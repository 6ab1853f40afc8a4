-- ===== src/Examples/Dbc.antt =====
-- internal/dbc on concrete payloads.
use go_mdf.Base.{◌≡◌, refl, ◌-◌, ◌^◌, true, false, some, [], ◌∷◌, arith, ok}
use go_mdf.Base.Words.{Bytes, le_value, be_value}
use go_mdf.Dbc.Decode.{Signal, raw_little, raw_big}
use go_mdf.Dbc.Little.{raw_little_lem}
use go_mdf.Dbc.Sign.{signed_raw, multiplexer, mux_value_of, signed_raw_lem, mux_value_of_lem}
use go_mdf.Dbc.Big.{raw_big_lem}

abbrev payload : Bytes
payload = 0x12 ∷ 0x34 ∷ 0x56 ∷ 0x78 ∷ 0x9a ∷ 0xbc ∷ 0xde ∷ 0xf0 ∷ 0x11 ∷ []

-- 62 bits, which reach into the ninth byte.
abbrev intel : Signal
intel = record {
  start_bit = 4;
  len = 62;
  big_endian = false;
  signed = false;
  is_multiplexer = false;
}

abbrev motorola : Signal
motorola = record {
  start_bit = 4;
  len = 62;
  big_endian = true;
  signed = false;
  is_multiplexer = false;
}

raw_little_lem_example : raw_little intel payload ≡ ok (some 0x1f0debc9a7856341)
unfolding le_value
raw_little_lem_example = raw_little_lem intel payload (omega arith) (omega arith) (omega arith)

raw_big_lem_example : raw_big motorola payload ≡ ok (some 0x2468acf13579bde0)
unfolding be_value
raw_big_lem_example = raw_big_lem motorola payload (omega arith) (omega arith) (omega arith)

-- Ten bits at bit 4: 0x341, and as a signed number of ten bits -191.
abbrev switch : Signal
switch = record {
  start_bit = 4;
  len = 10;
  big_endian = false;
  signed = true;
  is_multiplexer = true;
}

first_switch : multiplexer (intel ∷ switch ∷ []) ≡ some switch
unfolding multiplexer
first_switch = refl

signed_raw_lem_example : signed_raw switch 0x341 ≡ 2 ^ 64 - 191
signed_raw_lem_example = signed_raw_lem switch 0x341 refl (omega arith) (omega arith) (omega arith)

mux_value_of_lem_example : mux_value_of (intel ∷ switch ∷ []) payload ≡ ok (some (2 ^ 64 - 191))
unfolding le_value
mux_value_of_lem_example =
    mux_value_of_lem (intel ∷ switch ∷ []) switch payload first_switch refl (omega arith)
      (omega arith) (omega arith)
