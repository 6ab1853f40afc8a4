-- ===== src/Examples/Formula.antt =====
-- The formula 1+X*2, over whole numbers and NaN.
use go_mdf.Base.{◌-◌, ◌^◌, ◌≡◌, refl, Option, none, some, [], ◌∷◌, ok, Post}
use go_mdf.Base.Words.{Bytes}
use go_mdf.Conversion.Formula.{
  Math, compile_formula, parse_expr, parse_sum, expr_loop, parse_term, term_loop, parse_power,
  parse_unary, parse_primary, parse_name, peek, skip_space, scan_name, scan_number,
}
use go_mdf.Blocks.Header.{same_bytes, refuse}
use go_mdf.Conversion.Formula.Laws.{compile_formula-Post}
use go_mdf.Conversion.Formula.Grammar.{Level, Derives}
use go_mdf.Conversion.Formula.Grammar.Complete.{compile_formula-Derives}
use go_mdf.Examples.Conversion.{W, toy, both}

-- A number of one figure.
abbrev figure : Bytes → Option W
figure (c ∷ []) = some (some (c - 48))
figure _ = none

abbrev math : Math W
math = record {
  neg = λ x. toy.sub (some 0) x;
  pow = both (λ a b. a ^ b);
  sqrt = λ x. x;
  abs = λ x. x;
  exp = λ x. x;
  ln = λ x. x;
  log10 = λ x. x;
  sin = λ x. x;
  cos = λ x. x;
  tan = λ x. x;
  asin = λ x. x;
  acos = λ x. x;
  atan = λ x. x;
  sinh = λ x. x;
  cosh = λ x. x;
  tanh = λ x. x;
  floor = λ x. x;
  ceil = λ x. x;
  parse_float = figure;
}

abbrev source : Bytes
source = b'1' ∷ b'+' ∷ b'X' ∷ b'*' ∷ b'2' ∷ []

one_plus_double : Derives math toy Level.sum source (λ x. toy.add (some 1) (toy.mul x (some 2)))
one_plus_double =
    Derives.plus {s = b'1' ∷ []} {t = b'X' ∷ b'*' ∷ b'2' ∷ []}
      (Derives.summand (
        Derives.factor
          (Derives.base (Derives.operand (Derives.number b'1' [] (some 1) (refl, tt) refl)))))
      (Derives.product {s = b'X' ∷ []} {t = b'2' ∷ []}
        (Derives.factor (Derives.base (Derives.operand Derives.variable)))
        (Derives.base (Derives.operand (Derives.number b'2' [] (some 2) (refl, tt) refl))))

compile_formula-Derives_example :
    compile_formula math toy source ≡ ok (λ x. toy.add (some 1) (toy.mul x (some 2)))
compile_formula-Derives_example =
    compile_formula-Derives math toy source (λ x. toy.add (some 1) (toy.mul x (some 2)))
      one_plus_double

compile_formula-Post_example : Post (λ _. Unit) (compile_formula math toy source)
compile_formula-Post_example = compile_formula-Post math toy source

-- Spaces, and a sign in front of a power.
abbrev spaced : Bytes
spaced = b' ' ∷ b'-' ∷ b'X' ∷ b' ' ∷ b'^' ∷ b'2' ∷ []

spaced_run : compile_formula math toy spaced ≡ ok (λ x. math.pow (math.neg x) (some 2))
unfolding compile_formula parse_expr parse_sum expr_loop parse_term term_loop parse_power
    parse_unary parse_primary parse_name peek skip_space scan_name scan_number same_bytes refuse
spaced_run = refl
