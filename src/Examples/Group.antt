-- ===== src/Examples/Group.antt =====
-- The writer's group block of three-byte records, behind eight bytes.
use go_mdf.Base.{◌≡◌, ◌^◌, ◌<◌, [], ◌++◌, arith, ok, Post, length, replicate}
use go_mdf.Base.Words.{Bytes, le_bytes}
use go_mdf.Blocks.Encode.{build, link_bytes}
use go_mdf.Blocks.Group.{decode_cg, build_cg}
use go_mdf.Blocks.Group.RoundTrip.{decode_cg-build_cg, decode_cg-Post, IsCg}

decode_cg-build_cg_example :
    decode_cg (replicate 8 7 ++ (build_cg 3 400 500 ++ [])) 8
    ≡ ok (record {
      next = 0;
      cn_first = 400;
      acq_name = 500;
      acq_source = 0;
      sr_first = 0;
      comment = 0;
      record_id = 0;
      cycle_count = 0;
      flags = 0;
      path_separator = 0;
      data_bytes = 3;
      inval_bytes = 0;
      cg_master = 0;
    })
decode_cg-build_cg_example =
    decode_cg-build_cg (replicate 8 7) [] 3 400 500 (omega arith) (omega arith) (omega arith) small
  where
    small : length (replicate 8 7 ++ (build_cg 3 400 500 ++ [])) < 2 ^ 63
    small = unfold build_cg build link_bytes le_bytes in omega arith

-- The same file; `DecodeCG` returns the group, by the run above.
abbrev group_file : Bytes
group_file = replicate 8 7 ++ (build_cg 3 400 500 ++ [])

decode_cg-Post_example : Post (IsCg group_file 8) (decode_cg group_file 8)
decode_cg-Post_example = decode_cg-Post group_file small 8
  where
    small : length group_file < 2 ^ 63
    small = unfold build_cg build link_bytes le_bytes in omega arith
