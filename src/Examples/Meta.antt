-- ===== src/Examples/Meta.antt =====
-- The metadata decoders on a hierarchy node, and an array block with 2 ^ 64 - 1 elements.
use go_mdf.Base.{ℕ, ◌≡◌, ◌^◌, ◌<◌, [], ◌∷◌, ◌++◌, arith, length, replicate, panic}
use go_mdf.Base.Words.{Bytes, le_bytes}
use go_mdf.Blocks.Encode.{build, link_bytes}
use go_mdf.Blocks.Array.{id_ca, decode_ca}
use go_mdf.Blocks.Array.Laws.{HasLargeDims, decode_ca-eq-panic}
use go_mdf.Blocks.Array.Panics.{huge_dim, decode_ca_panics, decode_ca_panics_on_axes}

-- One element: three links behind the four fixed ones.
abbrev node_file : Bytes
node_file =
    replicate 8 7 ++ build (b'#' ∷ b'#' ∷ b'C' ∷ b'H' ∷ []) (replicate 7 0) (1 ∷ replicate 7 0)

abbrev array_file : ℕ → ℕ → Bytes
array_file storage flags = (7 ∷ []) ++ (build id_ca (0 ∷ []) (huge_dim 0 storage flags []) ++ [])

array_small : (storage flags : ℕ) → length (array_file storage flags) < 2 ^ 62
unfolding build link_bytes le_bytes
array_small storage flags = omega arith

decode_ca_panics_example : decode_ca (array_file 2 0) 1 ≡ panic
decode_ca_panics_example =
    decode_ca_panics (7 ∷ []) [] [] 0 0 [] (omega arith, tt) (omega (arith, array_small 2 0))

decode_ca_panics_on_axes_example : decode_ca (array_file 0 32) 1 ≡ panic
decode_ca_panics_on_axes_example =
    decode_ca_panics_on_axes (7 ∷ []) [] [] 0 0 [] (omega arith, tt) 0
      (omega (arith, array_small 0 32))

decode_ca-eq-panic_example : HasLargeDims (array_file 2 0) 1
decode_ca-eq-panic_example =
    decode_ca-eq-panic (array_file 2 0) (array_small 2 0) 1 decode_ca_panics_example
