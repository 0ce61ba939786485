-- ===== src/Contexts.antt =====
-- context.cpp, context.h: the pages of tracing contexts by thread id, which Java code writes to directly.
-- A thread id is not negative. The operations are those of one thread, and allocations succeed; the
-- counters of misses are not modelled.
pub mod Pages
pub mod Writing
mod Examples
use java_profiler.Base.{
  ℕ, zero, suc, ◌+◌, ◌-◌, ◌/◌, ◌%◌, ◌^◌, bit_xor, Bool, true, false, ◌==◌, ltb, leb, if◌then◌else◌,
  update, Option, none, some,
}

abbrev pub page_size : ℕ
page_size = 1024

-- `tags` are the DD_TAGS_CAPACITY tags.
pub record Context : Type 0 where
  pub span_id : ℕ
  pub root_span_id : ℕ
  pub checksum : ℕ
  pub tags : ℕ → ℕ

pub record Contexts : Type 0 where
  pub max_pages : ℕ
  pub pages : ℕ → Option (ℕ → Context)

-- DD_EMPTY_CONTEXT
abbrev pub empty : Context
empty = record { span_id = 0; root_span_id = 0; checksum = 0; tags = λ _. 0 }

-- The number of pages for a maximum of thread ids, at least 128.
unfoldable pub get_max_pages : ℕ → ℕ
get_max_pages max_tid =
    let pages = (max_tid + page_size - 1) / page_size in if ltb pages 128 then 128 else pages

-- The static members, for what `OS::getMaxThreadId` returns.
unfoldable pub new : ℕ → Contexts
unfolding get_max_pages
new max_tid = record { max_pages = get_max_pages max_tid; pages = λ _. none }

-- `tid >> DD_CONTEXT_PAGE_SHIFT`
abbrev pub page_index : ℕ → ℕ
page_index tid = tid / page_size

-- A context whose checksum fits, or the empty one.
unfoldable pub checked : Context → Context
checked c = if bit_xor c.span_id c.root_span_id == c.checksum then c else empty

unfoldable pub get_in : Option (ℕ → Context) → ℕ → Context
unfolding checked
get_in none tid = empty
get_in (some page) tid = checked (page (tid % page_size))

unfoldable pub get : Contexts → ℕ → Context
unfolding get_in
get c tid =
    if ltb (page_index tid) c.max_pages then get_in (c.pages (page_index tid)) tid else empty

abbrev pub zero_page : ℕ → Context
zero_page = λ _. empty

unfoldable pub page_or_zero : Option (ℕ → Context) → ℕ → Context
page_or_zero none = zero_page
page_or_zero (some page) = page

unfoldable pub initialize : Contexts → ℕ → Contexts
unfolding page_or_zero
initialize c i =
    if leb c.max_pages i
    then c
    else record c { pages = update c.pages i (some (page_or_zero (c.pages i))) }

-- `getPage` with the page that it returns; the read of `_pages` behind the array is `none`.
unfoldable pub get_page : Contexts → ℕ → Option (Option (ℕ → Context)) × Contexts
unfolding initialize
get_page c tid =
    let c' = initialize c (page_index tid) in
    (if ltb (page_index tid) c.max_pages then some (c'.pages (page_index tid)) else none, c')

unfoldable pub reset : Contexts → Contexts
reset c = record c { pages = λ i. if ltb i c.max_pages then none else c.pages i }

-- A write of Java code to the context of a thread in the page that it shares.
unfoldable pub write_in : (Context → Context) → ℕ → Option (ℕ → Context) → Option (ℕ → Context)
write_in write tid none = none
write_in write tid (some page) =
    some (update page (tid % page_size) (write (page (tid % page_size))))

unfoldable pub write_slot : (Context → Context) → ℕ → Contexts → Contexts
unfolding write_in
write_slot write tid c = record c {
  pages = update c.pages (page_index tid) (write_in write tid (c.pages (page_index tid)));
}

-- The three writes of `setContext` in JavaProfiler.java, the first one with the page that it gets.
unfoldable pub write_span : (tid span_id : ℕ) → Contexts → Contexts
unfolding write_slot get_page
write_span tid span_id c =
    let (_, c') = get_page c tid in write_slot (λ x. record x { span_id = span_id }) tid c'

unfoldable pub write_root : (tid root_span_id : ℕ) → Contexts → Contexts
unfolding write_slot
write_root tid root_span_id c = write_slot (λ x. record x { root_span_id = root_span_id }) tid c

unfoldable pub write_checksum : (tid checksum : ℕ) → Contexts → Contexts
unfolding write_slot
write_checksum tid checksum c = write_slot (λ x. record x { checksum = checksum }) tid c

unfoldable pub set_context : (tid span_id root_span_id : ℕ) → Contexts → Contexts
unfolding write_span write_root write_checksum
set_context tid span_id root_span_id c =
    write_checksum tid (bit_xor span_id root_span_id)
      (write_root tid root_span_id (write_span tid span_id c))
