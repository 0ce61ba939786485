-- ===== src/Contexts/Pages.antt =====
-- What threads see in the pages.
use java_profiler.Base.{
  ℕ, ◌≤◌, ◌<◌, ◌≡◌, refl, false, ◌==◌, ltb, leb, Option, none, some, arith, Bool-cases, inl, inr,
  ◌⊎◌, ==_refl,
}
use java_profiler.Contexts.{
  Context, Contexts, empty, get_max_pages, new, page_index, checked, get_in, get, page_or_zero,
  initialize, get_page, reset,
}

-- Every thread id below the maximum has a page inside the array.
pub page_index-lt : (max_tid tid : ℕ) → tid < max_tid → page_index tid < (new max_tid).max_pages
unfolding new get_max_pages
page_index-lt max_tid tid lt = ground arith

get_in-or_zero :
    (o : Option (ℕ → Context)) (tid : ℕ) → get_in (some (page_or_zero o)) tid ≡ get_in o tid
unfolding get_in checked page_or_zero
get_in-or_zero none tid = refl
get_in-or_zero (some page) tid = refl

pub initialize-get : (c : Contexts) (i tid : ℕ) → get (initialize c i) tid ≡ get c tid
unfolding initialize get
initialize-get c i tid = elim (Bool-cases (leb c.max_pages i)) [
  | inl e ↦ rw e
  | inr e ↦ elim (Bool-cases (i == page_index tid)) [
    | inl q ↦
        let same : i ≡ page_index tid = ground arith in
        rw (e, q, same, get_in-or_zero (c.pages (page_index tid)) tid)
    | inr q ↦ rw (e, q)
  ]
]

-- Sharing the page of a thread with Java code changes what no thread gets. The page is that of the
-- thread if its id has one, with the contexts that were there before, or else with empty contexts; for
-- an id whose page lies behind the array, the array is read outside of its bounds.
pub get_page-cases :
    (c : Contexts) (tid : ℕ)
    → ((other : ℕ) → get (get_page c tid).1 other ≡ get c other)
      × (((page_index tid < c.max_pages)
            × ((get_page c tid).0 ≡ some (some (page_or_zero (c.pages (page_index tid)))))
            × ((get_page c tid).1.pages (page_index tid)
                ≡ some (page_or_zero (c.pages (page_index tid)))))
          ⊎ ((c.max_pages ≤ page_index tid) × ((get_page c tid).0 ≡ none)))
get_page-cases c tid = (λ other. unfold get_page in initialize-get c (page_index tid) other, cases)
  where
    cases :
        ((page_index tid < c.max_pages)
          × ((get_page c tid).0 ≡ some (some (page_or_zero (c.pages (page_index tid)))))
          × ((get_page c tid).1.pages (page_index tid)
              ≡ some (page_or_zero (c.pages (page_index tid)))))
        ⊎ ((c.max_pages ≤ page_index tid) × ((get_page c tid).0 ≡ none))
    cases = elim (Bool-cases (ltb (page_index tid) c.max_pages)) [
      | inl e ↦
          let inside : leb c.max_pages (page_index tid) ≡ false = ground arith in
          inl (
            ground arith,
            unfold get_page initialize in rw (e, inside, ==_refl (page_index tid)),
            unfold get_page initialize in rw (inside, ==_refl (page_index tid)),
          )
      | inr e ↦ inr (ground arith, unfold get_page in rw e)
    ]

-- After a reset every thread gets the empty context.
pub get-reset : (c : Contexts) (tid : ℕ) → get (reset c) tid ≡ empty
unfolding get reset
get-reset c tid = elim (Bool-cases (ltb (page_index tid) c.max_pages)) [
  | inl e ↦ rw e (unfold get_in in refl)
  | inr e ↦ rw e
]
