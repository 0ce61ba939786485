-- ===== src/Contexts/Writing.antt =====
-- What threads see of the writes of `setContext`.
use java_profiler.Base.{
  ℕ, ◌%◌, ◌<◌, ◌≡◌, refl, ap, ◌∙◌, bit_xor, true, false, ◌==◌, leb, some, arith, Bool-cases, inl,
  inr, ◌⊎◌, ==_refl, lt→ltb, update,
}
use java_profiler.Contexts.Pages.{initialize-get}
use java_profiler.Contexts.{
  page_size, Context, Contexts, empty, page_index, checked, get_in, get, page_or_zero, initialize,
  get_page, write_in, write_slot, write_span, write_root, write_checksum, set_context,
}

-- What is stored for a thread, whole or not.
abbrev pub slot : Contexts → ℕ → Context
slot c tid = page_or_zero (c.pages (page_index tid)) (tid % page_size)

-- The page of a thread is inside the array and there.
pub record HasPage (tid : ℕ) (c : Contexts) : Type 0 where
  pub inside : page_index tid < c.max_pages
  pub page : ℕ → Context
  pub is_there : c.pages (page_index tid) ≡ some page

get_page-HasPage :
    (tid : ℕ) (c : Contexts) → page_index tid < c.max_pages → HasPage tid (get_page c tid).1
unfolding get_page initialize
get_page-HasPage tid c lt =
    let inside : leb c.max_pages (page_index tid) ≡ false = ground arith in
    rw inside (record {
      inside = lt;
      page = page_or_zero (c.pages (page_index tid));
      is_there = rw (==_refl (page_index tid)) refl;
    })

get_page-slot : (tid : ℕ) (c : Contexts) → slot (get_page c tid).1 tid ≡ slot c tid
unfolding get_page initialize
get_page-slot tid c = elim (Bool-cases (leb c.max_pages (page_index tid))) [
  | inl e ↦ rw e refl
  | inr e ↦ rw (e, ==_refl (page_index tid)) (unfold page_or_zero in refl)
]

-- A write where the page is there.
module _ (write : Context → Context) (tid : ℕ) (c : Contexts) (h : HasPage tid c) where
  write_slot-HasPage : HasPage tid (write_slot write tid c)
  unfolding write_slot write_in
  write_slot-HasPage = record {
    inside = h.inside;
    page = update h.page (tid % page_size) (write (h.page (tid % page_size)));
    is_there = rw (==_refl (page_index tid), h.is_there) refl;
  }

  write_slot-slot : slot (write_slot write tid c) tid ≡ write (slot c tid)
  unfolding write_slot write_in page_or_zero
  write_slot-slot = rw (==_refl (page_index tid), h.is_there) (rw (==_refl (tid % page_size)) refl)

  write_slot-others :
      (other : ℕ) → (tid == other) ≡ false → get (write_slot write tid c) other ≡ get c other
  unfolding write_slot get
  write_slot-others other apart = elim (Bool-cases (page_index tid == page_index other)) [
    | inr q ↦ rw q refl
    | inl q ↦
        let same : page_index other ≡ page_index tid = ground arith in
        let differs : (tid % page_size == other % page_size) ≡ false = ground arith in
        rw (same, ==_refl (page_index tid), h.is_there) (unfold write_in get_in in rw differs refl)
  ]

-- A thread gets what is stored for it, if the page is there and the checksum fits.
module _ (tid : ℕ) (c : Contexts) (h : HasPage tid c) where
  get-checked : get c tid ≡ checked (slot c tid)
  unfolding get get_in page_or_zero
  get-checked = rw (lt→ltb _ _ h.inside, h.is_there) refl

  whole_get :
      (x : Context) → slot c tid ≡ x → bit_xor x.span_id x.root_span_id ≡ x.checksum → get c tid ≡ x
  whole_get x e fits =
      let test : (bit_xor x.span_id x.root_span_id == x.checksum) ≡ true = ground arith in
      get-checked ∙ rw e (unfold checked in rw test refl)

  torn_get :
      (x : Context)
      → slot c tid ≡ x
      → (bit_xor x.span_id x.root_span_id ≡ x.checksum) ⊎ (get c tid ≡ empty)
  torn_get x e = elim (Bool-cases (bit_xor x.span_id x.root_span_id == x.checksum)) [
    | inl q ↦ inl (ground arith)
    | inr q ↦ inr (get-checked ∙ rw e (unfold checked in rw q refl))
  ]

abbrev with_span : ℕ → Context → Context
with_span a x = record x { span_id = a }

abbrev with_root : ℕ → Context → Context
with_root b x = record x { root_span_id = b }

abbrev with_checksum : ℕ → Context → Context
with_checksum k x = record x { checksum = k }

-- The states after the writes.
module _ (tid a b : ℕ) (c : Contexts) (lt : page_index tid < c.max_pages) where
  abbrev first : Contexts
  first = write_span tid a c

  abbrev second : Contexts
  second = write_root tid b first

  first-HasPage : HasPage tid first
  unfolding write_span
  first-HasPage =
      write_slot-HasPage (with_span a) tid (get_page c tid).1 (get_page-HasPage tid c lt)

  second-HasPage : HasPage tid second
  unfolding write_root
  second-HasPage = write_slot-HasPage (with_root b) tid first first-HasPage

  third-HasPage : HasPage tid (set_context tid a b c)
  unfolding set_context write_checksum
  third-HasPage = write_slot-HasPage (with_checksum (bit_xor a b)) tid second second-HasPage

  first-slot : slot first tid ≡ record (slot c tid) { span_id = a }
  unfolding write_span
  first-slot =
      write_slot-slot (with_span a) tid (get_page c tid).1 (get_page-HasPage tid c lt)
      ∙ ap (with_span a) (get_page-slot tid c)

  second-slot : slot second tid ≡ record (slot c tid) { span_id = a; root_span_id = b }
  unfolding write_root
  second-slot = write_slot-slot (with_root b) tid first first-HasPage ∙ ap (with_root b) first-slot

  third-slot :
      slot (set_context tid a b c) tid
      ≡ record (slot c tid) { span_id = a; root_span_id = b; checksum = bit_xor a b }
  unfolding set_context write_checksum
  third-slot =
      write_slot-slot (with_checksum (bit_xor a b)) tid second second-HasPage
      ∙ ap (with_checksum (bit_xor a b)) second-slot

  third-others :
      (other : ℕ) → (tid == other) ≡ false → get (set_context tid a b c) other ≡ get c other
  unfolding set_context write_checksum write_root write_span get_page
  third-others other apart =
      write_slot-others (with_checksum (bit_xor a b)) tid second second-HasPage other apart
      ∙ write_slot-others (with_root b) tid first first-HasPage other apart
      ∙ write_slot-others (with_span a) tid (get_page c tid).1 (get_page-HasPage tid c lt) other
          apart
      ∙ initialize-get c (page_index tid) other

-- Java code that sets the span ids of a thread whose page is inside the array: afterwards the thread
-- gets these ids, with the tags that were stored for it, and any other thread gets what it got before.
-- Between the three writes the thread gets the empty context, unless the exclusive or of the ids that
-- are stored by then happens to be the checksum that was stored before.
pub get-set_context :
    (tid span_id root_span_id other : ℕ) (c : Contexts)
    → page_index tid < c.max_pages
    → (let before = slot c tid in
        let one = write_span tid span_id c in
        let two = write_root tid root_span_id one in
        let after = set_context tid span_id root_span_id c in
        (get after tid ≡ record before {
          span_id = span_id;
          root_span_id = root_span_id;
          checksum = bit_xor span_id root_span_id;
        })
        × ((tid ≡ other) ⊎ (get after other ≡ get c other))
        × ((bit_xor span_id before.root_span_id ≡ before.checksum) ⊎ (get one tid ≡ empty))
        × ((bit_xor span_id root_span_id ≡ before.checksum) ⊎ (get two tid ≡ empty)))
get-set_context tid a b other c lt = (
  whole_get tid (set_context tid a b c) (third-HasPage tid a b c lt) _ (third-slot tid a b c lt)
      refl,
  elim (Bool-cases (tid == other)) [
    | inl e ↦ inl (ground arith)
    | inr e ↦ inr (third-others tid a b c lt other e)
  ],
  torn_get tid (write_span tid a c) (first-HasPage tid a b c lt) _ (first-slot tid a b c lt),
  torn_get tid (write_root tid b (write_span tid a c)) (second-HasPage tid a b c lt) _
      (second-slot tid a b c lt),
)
··········
The output should be exactly the lines above from the line containing "-- counters of misses are not modelled." to the line containing "empty = record", inclusive, with no other lines.

§ **REPLY**:
-- counters of misses are not modelled.
pub mod Pages
pub mod Writing
mod Examples
use java_profiler.Base.{
  ℕ, zero, suc, ◌+◌, ◌-◌, ◌/◌, ◌%◌, ◌^◌, bit_xor, Bool, true, false, ◌==◌, ltb, leb, if◌then◌else◌,
  update, Option, none, some,
}

abbrev pub page_size : ℕ
page_size = 1024

-- `tags` are the DD_TAGS_CAPACITY tags.
pub record Context : Type 0 where
  pub span_id : ℕ
  pub root_span_id : ℕ
  pub checksum : ℕ
  pub tags : ℕ → ℕ

pub record Contexts : Type 0 where
  pub max_pages : ℕ
  pub pages : ℕ → Option (ℕ → Context)

-- DD_EMPTY_CONTEXT
abbrev pub empty : Context
empty = record { span_id = 0; root_span_id = 0; checksum = 0; tags = λ _. 0 }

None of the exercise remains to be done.